Search the entries for the word "Mismatch". Copy every line that holds it.
##### DATA SUPPLIED #####
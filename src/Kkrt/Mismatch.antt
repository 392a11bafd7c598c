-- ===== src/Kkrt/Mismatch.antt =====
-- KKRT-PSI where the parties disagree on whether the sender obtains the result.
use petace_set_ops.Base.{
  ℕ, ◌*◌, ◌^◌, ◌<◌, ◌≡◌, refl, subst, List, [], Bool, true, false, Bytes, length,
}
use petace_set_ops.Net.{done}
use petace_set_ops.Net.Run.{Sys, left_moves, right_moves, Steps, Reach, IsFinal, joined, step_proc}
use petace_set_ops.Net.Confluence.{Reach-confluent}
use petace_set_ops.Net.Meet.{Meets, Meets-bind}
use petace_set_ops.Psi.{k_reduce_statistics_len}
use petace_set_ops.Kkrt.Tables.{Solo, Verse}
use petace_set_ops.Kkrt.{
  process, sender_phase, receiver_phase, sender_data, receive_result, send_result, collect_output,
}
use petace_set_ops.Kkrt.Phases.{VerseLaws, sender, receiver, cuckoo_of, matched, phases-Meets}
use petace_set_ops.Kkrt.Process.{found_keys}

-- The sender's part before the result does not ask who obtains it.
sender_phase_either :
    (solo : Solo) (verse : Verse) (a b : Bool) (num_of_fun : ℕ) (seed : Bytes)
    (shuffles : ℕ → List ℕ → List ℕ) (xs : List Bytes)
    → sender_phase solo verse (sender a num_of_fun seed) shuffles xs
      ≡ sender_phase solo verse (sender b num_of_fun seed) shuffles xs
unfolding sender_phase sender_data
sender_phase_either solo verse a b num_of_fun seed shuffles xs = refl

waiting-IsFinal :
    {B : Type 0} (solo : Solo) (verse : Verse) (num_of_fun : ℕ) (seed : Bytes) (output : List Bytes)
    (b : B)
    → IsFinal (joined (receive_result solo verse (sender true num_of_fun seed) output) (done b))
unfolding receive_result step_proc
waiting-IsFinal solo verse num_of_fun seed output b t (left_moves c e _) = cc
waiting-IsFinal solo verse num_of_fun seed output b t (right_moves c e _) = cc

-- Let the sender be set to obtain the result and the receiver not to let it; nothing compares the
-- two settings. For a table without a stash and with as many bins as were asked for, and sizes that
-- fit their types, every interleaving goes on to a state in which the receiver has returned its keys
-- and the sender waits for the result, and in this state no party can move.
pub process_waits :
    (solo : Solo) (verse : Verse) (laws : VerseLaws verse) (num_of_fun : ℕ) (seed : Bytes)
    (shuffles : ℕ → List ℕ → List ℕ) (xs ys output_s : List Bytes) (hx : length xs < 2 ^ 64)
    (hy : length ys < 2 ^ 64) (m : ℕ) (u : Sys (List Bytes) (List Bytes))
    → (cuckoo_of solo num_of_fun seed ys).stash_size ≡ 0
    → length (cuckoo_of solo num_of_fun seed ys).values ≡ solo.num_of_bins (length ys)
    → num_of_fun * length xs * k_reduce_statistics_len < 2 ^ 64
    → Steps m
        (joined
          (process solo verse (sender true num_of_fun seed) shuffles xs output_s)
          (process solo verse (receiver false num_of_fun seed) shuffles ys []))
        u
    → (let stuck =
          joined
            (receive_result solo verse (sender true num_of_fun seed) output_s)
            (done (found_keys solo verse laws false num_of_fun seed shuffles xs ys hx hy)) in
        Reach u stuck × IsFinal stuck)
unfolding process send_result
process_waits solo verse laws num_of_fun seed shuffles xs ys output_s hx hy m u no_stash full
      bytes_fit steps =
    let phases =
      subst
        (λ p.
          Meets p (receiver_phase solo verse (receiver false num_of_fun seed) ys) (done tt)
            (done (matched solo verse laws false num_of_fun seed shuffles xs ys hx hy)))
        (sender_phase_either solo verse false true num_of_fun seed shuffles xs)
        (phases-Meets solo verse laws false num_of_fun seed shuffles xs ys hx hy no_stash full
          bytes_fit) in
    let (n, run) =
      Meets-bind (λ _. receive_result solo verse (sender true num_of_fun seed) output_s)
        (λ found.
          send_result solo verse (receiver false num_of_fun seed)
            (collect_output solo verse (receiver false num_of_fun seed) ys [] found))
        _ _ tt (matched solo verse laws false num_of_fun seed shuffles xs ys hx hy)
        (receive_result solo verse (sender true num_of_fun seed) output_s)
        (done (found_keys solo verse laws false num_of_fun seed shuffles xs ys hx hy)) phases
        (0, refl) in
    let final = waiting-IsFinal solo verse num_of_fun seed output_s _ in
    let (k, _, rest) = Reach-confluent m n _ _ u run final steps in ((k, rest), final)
#####
- [THE ANSWER]:
filename src/Kkrt/Mismatch.antt
-- ===== src/Kkrt/Mismatch.antt =====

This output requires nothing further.